• _What you have to do_
Please count the lines of the data that contain "misses" and state only the total.

• _Source information_

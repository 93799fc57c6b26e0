-- ===== src/Cache/Tests.antt =====
-- Runs of 09_app_cache.c.
use inside_the_cpu_storage_a.Base.{
  ℕ, ◌+◌, ◌%◌, ◌≤◌, ◌≡◌, refl, Bool, true, none, some, arith, get_or, get_or-replicate,
}
use inside_the_cpu_storage_a.Cache.{CachedBlock, BlockCache, k_blocks, zero_cache, holds, read_all}
use inside_the_cpu_storage_a.Cache.Hits.{IsCache, read_all_lem}

-- a file whose block `n` is full of one letter
abbrev letters : ℕ → CachedBlock
letters n i = 65 + n % 26

abbrev always : ℕ → Bool
always m = true

zero_cache_empty : (n : ℕ) → get_or zero_cache.blocks n none ≡ none
zero_cache_empty n = get_or-replicate k_blocks n none

zero_cache-IsCache : IsCache letters zero_cache
zero_cache-IsCache = record {
  size = refl;
  agrees = λ n b h. let absurd : ⊥ = cc (zero_cache_empty n, h) in elim absurd [ ];
  one_each = refl;
  one_read = refl;
  one_block = refl;
}

letters-holds : (n : ℕ) → holds n (some (letters n)) ≡ true
letters-holds n = ground arith

read_all_lem_example :
    (c' : BlockCache) × (r' : ℕ) × (read_all letters always 20000 zero_cache 42 true
      ≡ (c', r', true))
    × IsCache letters c'
    × (c'.hits + c'.misses ≡ zero_cache.hits + zero_cache.misses + 20000)
    × (c'.device_reads ≡ c'.misses)
    × (c'.misses ≤ k_blocks)
read_all_lem_example =
    read_all_lem letters always 20000 zero_cache 42 zero_cache-IsCache (omega arith) (λ m. refl)
      (λ n h. letters-holds n)

-- the first reads of the main function
first_reads :
    let (c, r, ok) = read_all letters always 8 zero_cache 42 true in
    (c.hits + c.misses ≡ 8) × (ok ≡ true)
unfolding read_all
first_reads = (refl, refl)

• _Response to this exercise_
4